Any progress in the admission procedure of nustians? When r the classess starting? Isn't the procedure too slow!


----------



## hot.raisins (Oct 11, 2015)

Godd it is very slow. I have never been this free for this long. There are still 4/40 seats left for mbbs and 7/7 for bds and the last date of submission of fee is 7 .-. So the pc list is not coming out any time soon :I
have the classes started for mcs though?


----------



## shane warney (Oct 28, 2015)

mcs have joined  enjoyment days for em

- - - Updated - - -

dont worry there wont be much study until everyone seat has been filled


----------



## NaafiahM (Feb 20, 2015)

Hey guys any international students here?


----------



## Natelie (Aug 30, 2015)

shane warney said:


> mcs have joined  enjoyment days for em
> 
> - - - Updated - - -
> 
> dont worry there wont be much study until everyone seat has been filled


hey shane r u an amc student already? need to have some info?

Sent from my SM-J500F using Tapatalk


----------



## Natelie (Aug 30, 2015)

i actually need to know about girls hostel!


----------



## Mahe12 (Jul 14, 2015)

Natelie said:


> i actually need to know about girls hostel!



 Details for Hostle accommodation of girls is mentioned here ! Anyhow mess charges are additional .You can ask the student's affair office for further info .*Hostel Accommodation Charges for National Students*


Single occupancy with attached bath Rs. 5800/- 
Double occupancy with attached bath Rs. 4800/- 
Double occupancy with community bath Rs. 4300/-
Tripple occupancy with community bath Rs. 3500/-






Security Fee of Rs. 10,000/- (Refundable) will be charged at the time of allotme. 
Hostel includes accommodation charges only. 
 Hostel Accommodation Charges for International Students (All Programs H-12 Campus

*Single Students: 
*

Single occupancy (with attached bath) USD 70
Double occupancy (with attached bath) USD 60 
Double occupancy (with community bath) USD 50 
Tripple occupancy with community bath USD 40





*Note:
*



Security Fee of USD 117/- (Refundable) will be charged at the time of allotment. 
Hostel includes accommodation charges only. 
 Hostel Accommodation Charges for International Students (Medicine Students of AMC) 
*Single Students
*

Single occupancy (with attached bath) USD 120
Double occupancy (with attached bath) USD 85

Double occupancy (with community bath) USD 70
Tripple occupancy with community bath USD 55




*Note:
*



Security Fee of USD 117 (Refundable) is charged at the time of allotment. 
Hostel includes accommodation charges only. 
All fees are subject to revision from time to time


----------



## shane warney (Oct 28, 2015)

lol this info is incorrect it is for H 12 campus

- - - Updated - - -

girls hostels are ok! i guess there are two persons during first year bu then you have a single room when you become senior its a *company* system you can ask your dad about it he would tell ya...hostel fee is 6000 mess bill i dont think they charge for rooms seperately

- - - Updated - - -

hostel life at amc could be *survivial* or *enjoyment* depends on whether u settle in or not


----------



## ThePhantom (Dec 9, 2015)

Could you guys who have got admission share your NET marks?


----------



## Natelie (Aug 30, 2015)

shane warney said:


> lol this info is incorrect it is for H 12 campus
> 
> - - - Updated - - -
> 
> ...


whats the difference between fatima nd ayesha company? which one have better hostel and which one is less strict?


----------



## shane warney (Oct 28, 2015)

both are virtually the same!

- - - Updated - - -

there arent any mc girls in amc right now so strictness would be pretty less i think in the hostel!

- - - Updated - - -

classes of u guys from 12? have they called every person for pc seats?


----------



## carrots99 (Dec 10, 2015)

*Ayesha Company Vs.
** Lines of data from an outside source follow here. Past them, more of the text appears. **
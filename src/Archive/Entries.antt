-- ===== src/Archive/Entries.antt =====
-- app/archive.py: what the loop over the entries of an accepted archive leaves in the plan.
use mathlib.Core.List.{map-append}
use rag_ingestion_service.Prelude.{
  suc, ◌+◌, ◌≤◌, ◌≡◌, refl, inl, inr, true, List, [], ◌∷◌, ◌++◌, map, foldl, arith, Text, length,
  length-append, foldl_inv, ltb, contains, contains-append, nat_eq, text_eq, Distinct,
  Distinct-snoc, lower, Bool-cases,
}
use rag_ingestion_service.Prelude.Filter.{sum_of, sum_of-append}
use rag_ingestion_service.Prelude.Paths.{path_suffix}
use rag_ingestion_service.Prelude.Result.{ok, Result-cases}
use rag_ingestion_service.Settings.{Settings}
use rag_ingestion_service.Archive.{
  ZipInfo, SkipReason, rejected_name, nested_archive, unsupported_suffix, file_too_large,
  nested_archive_suffixes, skip, ArchiveEntry, Progress, start, safe_name, unique_name, place_named,
  place, place_all,
}
use rag_ingestion_service.Archive.Names.{unique_name_fresh}

abbrev names : List ArchiveEntry → List Text
names = map (λ e. e.name)

-- The names taken so far are those of the entries, and none stands there twice.
record IsApart (p : Progress) : Type 0 where
  distinct : Distinct (names p.entries)
  tracked : (t : Text) → contains p.seen t ≡ contains (names p.entries) t

-- The next state for an entry that is taken.
abbrev pub take_as : Progress → ZipInfo → Text → Progress
take_as p info unique = record {
  entries =
      p.entries ++ record { name = unique; size = info.file_size; raw_name = info.filename } ∷ [];
  skipped = p.skipped;
  seen = unique ∷ p.seen;
}

-- The two ends of a round of the loop.
pub data Outcome (s : Settings) (p : Progress) (info : ZipInfo) (q : Progress) : Type 0 where
  passed : (name : Text) (reason : SkipReason) → q ≡ skip p name reason → Outcome s p info q
  taken :
      (name : Text)
      → safe_name info.filename ≡ ok name
      → contains s.allowed_suffixes (lower (path_suffix name)) ≡ true
      → info.file_size ≤ s.archive_max_file_size
      → q ≡ take_as p info (unique_name name (lower (path_suffix name)) p.seen)
      → Outcome s p info q

module _ (s : Settings) where
  place_named-Outcome :
      (p : Progress) (info : ZipInfo) (name : Text)
      → safe_name info.filename ≡ ok name
      → Outcome s p info (place_named s p info name)
  unfolding place_named
  place_named-Outcome p info name e =
      let suffix = lower (path_suffix name) in
      elim (Bool-cases (contains nested_archive_suffixes suffix)) [
        | inl nested ↦ passed name nested_archive (rw nested)
        | inr plain ↦ elim (Bool-cases (contains s.allowed_suffixes suffix)) [
          | inr other ↦ passed name (unsupported_suffix suffix) (rw (plain, other))
          | inl allowed ↦ elim (Bool-cases (ltb s.archive_max_file_size info.file_size)) [
            | inl large ↦ passed name file_too_large (rw (plain, allowed, large))
            | inr fits ↦ taken name e allowed (ground arith) (rw (plain, allowed, fits))
          ]
        ]
      ]

  pub place-Outcome : (p : Progress) (info : ZipInfo) → Outcome s p info (place s p info)
  unfolding place
  place-Outcome p info = elim (Result-cases (safe_name info.filename)) [
    | inl (name, e) ↦ rw (e, place) (place_named-Outcome p info name e)
    | inr (why, e) ↦ rw (e, place) (passed info.filename (rejected_name why) refl)
  ]

  Outcome-IsApart :
      (p : Progress) (info : ZipInfo) (q : Progress) → Outcome s p info q → IsApart p → IsApart q
  unfolding skip
  Outcome-IsApart p info q (passed name reason e) h =
      rw e (record { distinct = h.distinct; tracked = h.tracked })
  Outcome-IsApart p info q (taken name safe allowed fits e) h =
      let unique = unique_name name (lower (path_suffix name)) p.seen in
      rw e (record {
        distinct = rw map-append (
            Distinct-snoc (names p.entries) unique h.distinct (
              ground (
                arith,
                h.tracked unique,
                unique_name_fresh name (lower (path_suffix name)) p.seen,
              )));
        tracked = λ t.
            rw map-append
              (ground (arith, h.tracked t, contains-append (names p.entries) (unique ∷ []) t));
      })

  place-IsApart : (p : Progress) (info : ZipInfo) → IsApart p → IsApart (place s p info)
  place-IsApart p info = Outcome-IsApart p info _ (place-Outcome p info)

  Outcome-count :
      (p : Progress) (info : ZipInfo) (q : Progress)
      → Outcome s p info q
      → length q.entries + length q.skipped ≡ suc (length p.entries + length p.skipped)
  unfolding skip
  Outcome-count p info q (passed name reason e) =
      rw e (omega (arith, length-append p.skipped ((name, reason) ∷ [])))
  Outcome-count p info q (taken name safe allowed fits e) =
      rw e (omega (arith, length-append {0} p.entries))

  Outcome-size :
      (p : Progress) (info : ZipInfo) (q : Progress)
      → Outcome s p info q
      → sum_of (λ e. e.size) q.entries ≤ sum_of (λ e. e.size) p.entries + info.file_size
  unfolding skip
  Outcome-size p info q (passed name reason e) = rw e (omega arith)
  Outcome-size p info q (taken name safe allowed fits e) =
      rw (e, sum_of-append) (unfold sum_of in omega arith)

  loop_count :
      (p : Progress) (infos : List ZipInfo)
      → length (foldl (place s) p infos).entries + length (foldl (place s) p infos).skipped
        ≡ length infos + (length p.entries + length p.skipped)
  loop_count p [] = omega arith
  loop_count p (info ∷ infos) = omega (
    arith,
    loop_count (place s p info) infos,
    Outcome-count p info (place s p info) (place-Outcome p info),
  )

  loop_size :
      (p : Progress) (infos : List ZipInfo)
      → sum_of (λ e. e.size) (foldl (place s) p infos).entries
        ≤ sum_of (λ i. i.file_size) infos + sum_of (λ e. e.size) p.entries
  unfolding sum_of
  loop_size p [] = omega arith
  loop_size p (info ∷ infos) = omega (
    arith,
    loop_size (place s p info) infos,
    Outcome-size p info (place s p info) (place-Outcome p info),
  )

  -- The loop gives no two entries the same name.
  pub place_all-Distinct :
      (infos : List ZipInfo) → Distinct (map (λ e. e.name) (place_all s infos).entries)
  unfolding place_all
  place_all-Distinct infos =
      (foldl_inv IsApart (place s) place-IsApart (start s) infos
        (record { distinct = tt; tracked = λ t. refl })).distinct

  -- Every file of the archive is either an entry of the plan or listed as skipped, once.
  pub length-place_all :
      (infos : List ZipInfo)
      → length (place_all s infos).entries + length (place_all s infos).skipped ≡ length infos
  unfolding place_all
  length-place_all infos = omega (arith, loop_count (start s) infos)

  -- The entries declare no more bytes than the files of the archive together.
  pub size-place_all :
      (infos : List ZipInfo)
      → sum_of (λ e. e.size) (place_all s infos).entries ≤ sum_of (λ i. i.file_size) infos
  unfolding place_all sum_of
  size-place_all infos = omega (arith, loop_size (start s) infos)
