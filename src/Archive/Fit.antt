-- ===== src/Archive/Fit.antt =====
-- app/archive.py: the names that the plan gives to its entries are safe, and end in an allowed
-- suffix.
use rag_ingestion_service.Archive.{
  start, place, ZipInfo, Progress, ArchiveEntry, free_name, place_all, skip, unique_name,
  numbered_name,
}
use rag_ingestion_service.Archive.Names.{safe_name-IsSafe, IsSafe}
use rag_ingestion_service.Archive.Entries.{place-Outcome, taken, passed, Outcome}
use rag_ingestion_service.Prelude.{
  All, All-append, Bool-cases, List, Text, [], ap, arith, contains, contains-append, foldl_inv, inl,
  inr, length, lower, lower_char, nat_eq, option_eq, refl, slash, suc, sym, text_eq, true, zero, ℕ,
  ◌++◌, ◌+◌, ◌==◌, ◌∙◌, ◌∷◌, ◌≡◌, ◌≤◌,
}
use rag_ingestion_service.Prelude.Decimal.{decimal-LacksSlash, decimal}
use rag_ingestion_service.Settings.{Settings}
use rag_ingestion_service.Prelude.Paths.{
  path_stem-append-path_suffix, path_suffix, path_stem, split_one, path_name,
}
use mathlib.Core.List.{map-append, append_assoc}

lower_char-slash : (c : ℕ) → (lower_char c == slash) ≡ (c == slash)
unfolding lower_char
lower_char-slash c = ground arith

lower_char_idem : (c : ℕ) → lower_char (lower_char c) ≡ lower_char c
unfolding lower_char
lower_char_idem c = ground arith

pub lower_idem : (t : Text) → lower (lower t) ≡ lower t
unfolding lower
lower_idem [] = refl
lower_idem (c ∷ t) = cc (lower_char_idem c, lower_idem t)

contains-lower : (t : Text) → contains (lower t) slash ≡ contains t slash
unfolding lower
contains-lower [] = refl
contains-lower (c ∷ t) = ground (arith, lower_char-slash c, contains-lower t)

lower-append : (s t : Text) → lower (s ++ t) ≡ lower s ++ lower t
unfolding lower
lower-append s t = map-append lower_char s t

-- A safe name is its own last component.
path_name_of_safe : (name : Text) → IsSafe name → path_name name ≡ name
unfolding path_name
path_name_of_safe name v = rw (split_one name v.one_component) (ground arith)

safe_parts : (name : Text) → IsSafe name → path_stem name ++ path_suffix name ≡ name
safe_parts name v = path_stem-append-path_suffix name ∙ path_name_of_safe name v

module _ (name : Text) (v : IsSafe name) (k : ℕ) where
  abbrev numbered : Text
  numbered = numbered_name name (lower (path_suffix name)) k

  abbrev numbered_rest : Text
  numbered_rest = b'_' ∷ decimal k ++ lower (path_suffix name)

  has_underscore : contains numbered b'_' ≡ true
  unfolding numbered_name
  has_underscore = ground (arith, contains-append (path_stem name) numbered_rest b'_')

  numbered-IsSafe : IsSafe numbered
  unfolding numbered_name
  numbered-IsSafe = record {
    one_component = ground (
      arith,
      contains-append (path_stem name) numbered_rest slash,
      contains-append (decimal k) (lower (path_suffix name)) slash,
      decimal-LacksSlash k,
      contains-lower (path_suffix name),
      contains-append (path_stem name) (path_suffix name) slash,
      safe_parts name v,
      v.one_component,
    );
    ne_empty = λ e. ground (arith, has_underscore, e);
    ne_dot = λ e. ground (arith, has_underscore, e);
    ne_dot_dot = λ e. ground (arith, has_underscore, e);
  }

  lower-numbered : (front : Text) × (lower numbered ≡ front ++ lower (path_suffix name))
  unfolding numbered_name
  lower-numbered =
      (lower (path_stem name ++ (b'_' ∷ decimal k)), simp (lower-append, lower_idem, append_assoc))

module _ (s : Settings) where
  -- What the later stages rely on: a name that is one path component, with an allowed suffix in
  -- any case of letters, and a size within the limit for one file.
  pub record IsFit (e : ArchiveEntry) : Type 0 where
    pub safe : IsSafe e.name
    pub suffixed :
        (front suffix : Text) × (lower e.name ≡ front ++ suffix)
        × (contains s.allowed_suffixes suffix ≡ true)
    pub fits : e.size ≤ s.archive_max_file_size

  -- Where the loop for a free name ends: at the name itself or at a numbered one.
  free_name-IsFit :
      (name : Text) (v : IsSafe name) (seen : List Text) (fuel counter : ℕ) (unique : Text)
      → IsSafe unique × ((front : Text) × (lower unique ≡ front ++ lower (path_suffix name)))
      → IsSafe (free_name name (lower (path_suffix name)) seen fuel counter unique)
        × ((front : Text) × (lower
                (free_name name (lower (path_suffix name)) seen fuel counter unique)
              ≡ front ++ lower (path_suffix name)))
  unfolding free_name
  free_name-IsFit name v seen zero counter unique h = h
  free_name-IsFit name v seen (suc fuel) counter unique h =
      elim (Bool-cases (contains seen unique)) [
        | inl used ↦ rw used (
            free_name-IsFit name v seen fuel (counter + 1) _
              (numbered-IsSafe name v counter, lower-numbered name v counter))
        | inr free ↦ rw free h
      ]

  unique_name-IsFit :
      (name : Text) (v : IsSafe name) (seen : List Text)
      → IsSafe (unique_name name (lower (path_suffix name)) seen)
        × ((front : Text) × (lower (unique_name name (lower (path_suffix name)) seen)
              ≡ front ++ lower (path_suffix name)))
  unfolding unique_name
  unique_name-IsFit name v seen =
      free_name-IsFit name v seen (length seen + 2) 1 name
        (v, (lower (path_stem name), sym (ap lower (safe_parts name v)) ∙ lower-append _ _))

  Outcome-IsFit :
      (p : Progress) (info : ZipInfo) (q : Progress)
      → Outcome s p info q
      → All IsFit p.entries
      → All IsFit q.entries
  unfolding skip
  Outcome-IsFit p info q (passed name reason e) h = rw e h
  Outcome-IsFit p info q (taken name safe allowed fits e) h =
      let (v, (front, ends)) =
        unique_name-IsFit name (safe_name-IsSafe info.filename name safe) p.seen in
      rw e (
        All-append IsFit p.entries _ h (
          record {
            safe = v;
            suffixed = (front, lower (path_suffix name), ends, allowed);
            fits = fits;
          },
          tt,
        ))

  -- Every entry of the plan has a safe name with an allowed suffix, and is not too large.
  pub place_all-IsFit : (infos : List ZipInfo) → All IsFit (place_all s infos).entries
  unfolding place_all
  place_all-IsFit infos =
      foldl_inv (λ p. All IsFit p.entries) (place s)
        (λ p info h. Outcome-IsFit p info _ (place-Outcome s p info) h) (start s) infos tt
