-- ===== src/Archive/Limits.antt =====
-- app/archive.py: the checks by which `plan` rejects an archive as a whole.
use rag_ingestion_service.Prelude.{
  inr, inl, ◌⊎◌, ◌*◌, ◌≤◌, ◌≡◌, refl, ◌↔◌, Bool, false, not, ◌&&◌, none, List, [], ◌∷◌, arith, All,
  length, is_empty, nat_eq,
}
use rag_ingestion_service.Prelude.Filter.{any, sum_of}
use rag_ingestion_service.Prelude.Result.{ok}
use rag_ingestion_service.Settings.{Settings}
use rag_ingestion_service.Archive.{ZipInfo, check_ratio, files, is_encrypted, place_all, plan}

module _ (s : Settings) where
  -- The entry is packed into no bytes, or its ratio is within the limit.
  abbrev pub IsLoose : ZipInfo → Type 0
  IsLoose info =
      (info.compress_size ≡ 0) ⊎ (info.file_size ≤ s.archive_max_ratio * info.compress_size)

  -- What an archive must meet: no entry is encrypted, and its files are within the limits on
  -- their number, their size together, and the ratio at which each is packed.
  pub record IsWithinLimits (infolist : List ZipInfo) : Type 0 where
    pub readable : any is_encrypted infolist ≡ false
    pub few : length (files infolist) ≤ s.archive_max_entries
    pub small : sum_of (λ info. info.file_size) (files infolist) ≤ s.archive_max_uncompressed
    pub loose : All IsLoose (files infolist)

  check_ratio-IsLoose : (infos : List ZipInfo) → check_ratio s infos ≡ none → All IsLoose infos
  unfolding check_ratio
  check_ratio-IsLoose [] h = tt
  check_ratio-IsLoose (info ∷ infos) h = (
    elim (nat_eq.dec info.compress_size 0) [ yes e ↦ inl e | no ne ↦ inr (ground arith) ],
    check_ratio-IsLoose infos (ground arith),
  )

  IsLoose-check_ratio : (infos : List ZipInfo) → All IsLoose infos → check_ratio s infos ≡ none
  unfolding check_ratio
  IsLoose-check_ratio [] h = refl
  IsLoose-check_ratio (info ∷ infos) (inl e, h) = ground (arith, IsLoose-check_ratio infos h)
  IsLoose-check_ratio (info ∷ infos) (inr fits, h) = ground (arith, IsLoose-check_ratio infos h)

  check_ratio_iff : (infos : List ZipInfo) → (check_ratio s infos ≡ none) ↔ All IsLoose infos
  check_ratio_iff infos = (check_ratio-IsLoose infos, IsLoose-check_ratio infos)

  guard_any : (p : ZipInfo → Bool) (l : List ZipInfo) → (not (is_empty l) && any p l) ≡ any p l
  unfolding any
  guard_any p [] = refl
  guard_any p (x ∷ xs) = refl

  -- A zip is taken, with the plan of the loop over its files, exactly when no entry is encrypted
  -- and its files are within the limits on their number, their size together, and the ratio at
  -- which each is packed.
  pub plan-ok_iff :
      (infolist : List ZipInfo)
      → (plan s infolist ≡ ok (place_all s (files infolist))) ↔ IsWithinLimits infolist
  unfolding plan
  plan-ok_iff infolist = (
    λ h. record {
      readable = ground (arith, guard_any is_encrypted infolist);
      few = ground arith;
      small = ground arith;
      loose = check_ratio-IsLoose (files infolist) (ground arith);
    },
    λ v.
        ground
          (arith, guard_any is_encrypted infolist, IsLoose-check_ratio (files infolist) v.loose),
  )
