-- ===== src/Archive/Samples.antt =====
-- app/archive.py: the theorems on an archive with a nested path, a repeated name and a nested zip.
use rag_ingestion_service.Archive.{ok, ZipInfo, plan, place_all, files}
use rag_ingestion_service.Prelude.{
  All, Distinct, List, Text, [], codes, map, nat_eq, option_eq, text_eq, ℕ, ◌↔◌, ◌∷◌, ◌≡◌,
}
use rag_ingestion_service.Settings.{default_settings}
use rag_ingestion_service.Archive.Limits.{plan-ok_iff, IsWithinLimits}
use rag_ingestion_service.Archive.Entries.{place_all-Distinct}
use rag_ingestion_service.Archive.Fit.{place_all-IsFit, IsFit}

abbrev zip_info : Text → ℕ → ZipInfo
zip_info name size = record { filename = name; flag_bits = 0; file_size = size; compress_size = 10 }

abbrev infolist : List ZipInfo
infolist =
    zip_info (codes "docs/report.pdf") 400
    ∷ zip_info (codes "docs/") 0
    ∷ zip_info (codes "old/report.pdf") 500
    ∷ zip_info (codes "old/backup.zip") 70
    ∷ []

plan-ok_iff_example :
    (plan default_settings infolist ≡ ok (place_all default_settings (files infolist)))
    ↔ IsWithinLimits default_settings infolist
plan-ok_iff_example = plan-ok_iff default_settings infolist

place_all-Distinct_example :
    Distinct (map (λ e. e.name) (place_all default_settings infolist).entries)
place_all-Distinct_example = place_all-Distinct default_settings infolist

place_all-IsFit_example : All (IsFit default_settings) (place_all default_settings infolist).entries
place_all-IsFit_example = place_all-IsFit default_settings infolist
Fatima Company*

Some seniors have told me that Ayesha company is better in every way..


----------



## shane warney (Oct 28, 2015)

lol what difference does company make? you would still have to attend all those noob fall ins and that seniority stuff its just the difference in sports and stuff between the companies


----------



## Natelie (Aug 30, 2015)

shane warney said:


> lol what difference does company make? you would still have to attend all those noob fall ins and that seniority stuff its just the difference in sports and stuff between the companies


i havent got the letter to report yet!
is there a difference of hostel between the companies? a girl from ayesha told me fatima have poor hostel facilities and a girl from fatima said they r good in all the stuff


----------



## shane warney (Oct 28, 2015)

well she might be telling the truth! its upto college admin by the way whatever they decide regarding company theyll send u in what i know is that rules and general atmosphere is same in both hostels


----------



## ThePhantom (Dec 9, 2015)

Can someone please care to share their NET marks?


----------



## hot.raisins (Oct 11, 2015)

Ayesha coy is better for some reason according to my sister and all of her friends. Fatima coy is a tiny bit suffocating just generally (according to them). Did you get that phone call?


----------



## ThePhantom (Dec 9, 2015)

Oh sorry, I forgot, there will be no NET next year as AMC is now affiliated with NUMS. :?
Lol, sorry! Not interested anymore.


----------



## Natelie (Aug 30, 2015)

hot.raisins said:


> Ayesha coy is better for some reason according to my sister and all of her friends. Fatima coy is a tiny bit suffocating just generally (according to them). Did you get that phone call?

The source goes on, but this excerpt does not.